Peggy Berg of the Castell Project, who has been in the hotel business for a few decades, made me laugh. She actually calls them “MANels” and says, “all-male panels are boring because men compete to be more important than each other. Adding a woman or two to any panel changes the dynamic, offering more varied perspectives that make the discussion more interesting and valuable for the audience and therefore the conference organizer.” She added her own set of tips, “Your presence changes the dynamic, but only a little bit by itself. You can control and dramatically upgrade the panel:

  1. Deliver value: Prepare three things that you’d like people to remember on the topic. That is the most anyone in the audience remembers from any panel, and in reality, they will leave with one or two takeaways. You want the thing they remember to be yours. So come to the panel with three ideas and a clear sharp memorable way to say each of those three things. Bonus tip: You don't have to exactly answer the question the moderator asks. You can turn it to the message you want to deliver.

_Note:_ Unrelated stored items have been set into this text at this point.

-- ===== src/Syscall/Invocation.antt =====
-- crates/smos-server/src/syscalls.rs: the arguments of each invocation, as the server's handlers
-- take them. Sizes, offsets and identifiers are words; capability rights and object attributes are
-- the word inside.
use smos_thesis.Base.{ℕ, Bool, true, false, List, Option, some}
use smos_thesis.Server.Handles.{
  ServerReceivedHandleOrHandleCap, handle, unwrapped_handle_cap, wrapped_handle_cap,
}
use smos_thesis.Syscall.Handle.{ReceivedHandle, UnwrappedHandleCap, WrappedHandleCap}

-- crates/smos-common/src/sddf.rs
-- `no_queue` is `None`.
pub data QueueType : Type 0 where
  active free request response no_queue : QueueType

pub data VirtType : Type 0 where
  tx rx : VirtType

pub record WindowCreate : Type 0 where
  pub base_vaddr : ℕ
  pub size : ℕ
  pub return_cap : Bool

-- `WindowDestroy`, `ObjStat`, `ObjClose` and `ObjDestroy` hold one handle or handle capability.
pub record WindowDestroy : Type 0 where
  pub hndl : ServerReceivedHandleOrHandleCap

pub record ObjCreate : Type 0 where
  pub name : Option (List ℕ)
  pub size : ℕ
  pub rights : ℕ
  pub attributes : ℕ
  pub return_cap : Bool

pub record ObjStat : Type 0 where
  pub hndl : ServerReceivedHandleOrHandleCap

pub record ObjOpen : Type 0 where
  pub name : List ℕ
  pub rights : ℕ
  pub return_cap : Bool

pub record ObjClose : Type 0 where
  pub hndl : ServerReceivedHandleOrHandleCap

pub record ObjDestroy : Type 0 where
  pub hndl : ServerReceivedHandleOrHandleCap

pub record ConnCreate : Type 0 where
  pub name : List ℕ

pub record ConnOpen : Type 0 where
  pub shared_buf_obj : Option (ServerReceivedHandleOrHandleCap × ℕ)

pub record ConnPublish : Type 0 where
  pub ntfn_buffer : ℕ
  pub name : List ℕ

pub record ProcessSpawn : Type 0 where
  pub exec_name : List ℕ
  pub fs_name : List ℕ
  pub prio : ℕ
  pub args : Option (List (List ℕ))

pub record ProcessWait : Type 0 where
  pub hndl : ReceivedHandle

pub record ConnRegister : Type 0 where
  pub publish_hndl : ReceivedHandle
  pub client_id : ℕ

pub record ConnDeregister : Type 0 where
  pub hndl : ReceivedHandle

pub record WindowRegister : Type 0 where
  pub publish_hndl : ReceivedHandle
  pub window_hndl : UnwrappedHandleCap
  pub client_id : ℕ
  pub reference : ℕ

pub record WindowDeregister : Type 0 where
  pub hndl : ReceivedHandle

pub record View : Type 0 where
  pub window : ServerReceivedHandleOrHandleCap
  pub object : ServerReceivedHandleOrHandleCap
  pub window_offset : ℕ
  pub obj_offset : ℕ
  pub size : ℕ
  pub rights : ℕ

pub record Unview : Type 0 where
  pub hndl : ReceivedHandle

pub record PageMap : Type 0 where
  pub window_registration_hndl : ReceivedHandle
  pub view_offset : ℕ
  pub content_vaddr : ℕ

pub record ConnDestroy : Type 0 where
  pub hndl : ReceivedHandle

pub record LoadComplete : Type 0 where
  pub entry_point : ℕ
  pub sp : ℕ

pub record ServerHandleCapCreate : Type 0 where
  pub publish_hndl : ReceivedHandle
  pub ident : ℕ

pub record IrqRegister : Type 0 where
  pub publish_hndl : ReceivedHandle
  pub irq_num : ℕ
  pub edge_triggered : Bool

pub record SddfChannelRegisterBidirectional : Type 0 where
  pub channel_hndl_cap : WrappedHandleCap
  pub virt_type : Option VirtType

pub record SddfChannelRegisterRecvOnly : Type 0 where
  pub channel_hndl_cap : WrappedHandleCap

pub record ChannelOpen : Type 0 where
  pub hndl_cap : UnwrappedHandleCap

pub record SddfQueueRegister : Type 0 where
  pub hndl_cap : WrappedHandleCap
  pub size : ℕ
  pub queue_type : QueueType

pub record SddfProvideDataRegion : Type 0 where
  pub hndl_cap : WrappedHandleCap
  pub size : ℕ

pub record ServerCreateChannel : Type 0 where
  pub publish_hndl : ReceivedHandle

-- `SMOS_Invocation`
pub data Invocation : Type 0 where
  window_create : WindowCreate → Invocation
  window_destroy : WindowDestroy → Invocation
  obj_create : ObjCreate → Invocation
  obj_open : ObjOpen → Invocation
  obj_stat : ObjStat → Invocation
  obj_close : ObjClose → Invocation
  obj_destroy : ObjDestroy → Invocation
  view : View → Invocation
  unview : Unview → Invocation
  conn_create : ConnCreate → Invocation
  conn_destroy : ConnDestroy → Invocation
  conn_open : ConnOpen → Invocation
  conn_close : Invocation
  conn_publish : ConnPublish → Invocation
  conn_register : ConnRegister → Invocation
  conn_deregister : ConnDeregister → Invocation
  reply_create : Invocation
  server_handle_cap_create : ServerHandleCapCreate → Invocation
  process_spawn : ProcessSpawn → Invocation
  process_wait : ProcessWait → Invocation
  process_exit : Invocation
  window_register : WindowRegister → Invocation
  window_deregister : WindowDeregister → Invocation
  page_map : PageMap → Invocation
  load_complete : LoadComplete → Invocation
  irq_register : IrqRegister → Invocation
  sddf_channel_register_bidirectional : SddfChannelRegisterBidirectional → Invocation
  sddf_channel_register_recv_only : SddfChannelRegisterRecvOnly → Invocation
  sddf_queue_register : SddfQueueRegister → Invocation
  sddf_get_data_region : Invocation
  sddf_provide_data_region : SddfProvideDataRegion → Invocation
  server_create_channel : ServerCreateChannel → Invocation
  channel_open : ChannelOpen → Invocation

is_wrapped : ServerReceivedHandleOrHandleCap → Bool
is_wrapped (wrapped_handle_cap c) = true
is_wrapped (handle h) = false
is_wrapped (unwrapped_handle_cap c) = false

shared_buf_wrapped : Option (ServerReceivedHandleOrHandleCap × ℕ) → Bool
shared_buf_wrapped Option.none = false
shared_buf_wrapped (some (hndl, size)) = is_wrapped hndl

-- Does the decoded invocation hold the capability in the receive slot?
unfoldable pub contains_cap : Invocation → Bool
unfolding is_wrapped shared_buf_wrapped
contains_cap (Invocation.sddf_channel_register_bidirectional a) = true
contains_cap (Invocation.sddf_channel_register_recv_only a) = true
contains_cap (Invocation.sddf_queue_register a) = true
contains_cap (Invocation.sddf_provide_data_region a) = true
contains_cap (Invocation.view x) = is_wrapped x.window
contains_cap (Invocation.conn_open x) = shared_buf_wrapped x.shared_buf_obj
contains_cap _ = false

-- The numbers of the variants, and `try_into`.
abbrev pub queue_into : QueueType → ℕ
queue_into active = 0
queue_into free = 1
queue_into request = 2
queue_into response = 3
queue_into no_queue = 4

abbrev pub virt_into : VirtType → ℕ
virt_into tx = 0
virt_into rx = 1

  2. Challenge assumptions: Be engaged with your co-panelists. Pompous comments on a panel very rarely have interesting content, but if you ask a question or request clarification about inconsistency or challenge an oversimplification, you get much better insights for the audience and they root for you.

  3. Bring energy: Reserved monotonal men in dark suits don't exactly wake-up an audience. Bring energy to the podium in how you move, how you talk, what you say, how you sit, your facial expressions, the attention to pay to other panelists, and the conviction with which you speak. It's intimidating walking up there. Project energy right away and jump into the conversation early (up and involved); participation will get you over the nervousness.

  4. Add humor, naturally: It doesn't take much, a wry comment, a laugh, or a short funny story lightens the mood and gets all the panelists talking in a more relaxed and interesting way."


Chatting with Gilda, Nancy and Peggy definitely gave me a boost and helped with my focus. Luckily, the panel moderator suggested we meet for dinner the night before, which was great and helped me relax. My tip: If you have the opportunity to meet with your group beforehand, even just for a coffee, do that.

My tip: If you have the opportunity to meet with your group beforehand, even just for a coffee, do that.

On the day, I was still nervous. Against what I had anticipated, the men brought notes! So, I put my phone in my lap with my notes open, though I rarely looked at it. (I would not do that again and should have stuck with Gilda’s advice.) Once we got going my nerves dissipated and I did my best to chime in when I felt I had something to add, and we even had a few laughs.


Bottom line: Change your internal narrative to believe in your expertise, focus your prep on three valuable points, speak up and project, and try to have some fun!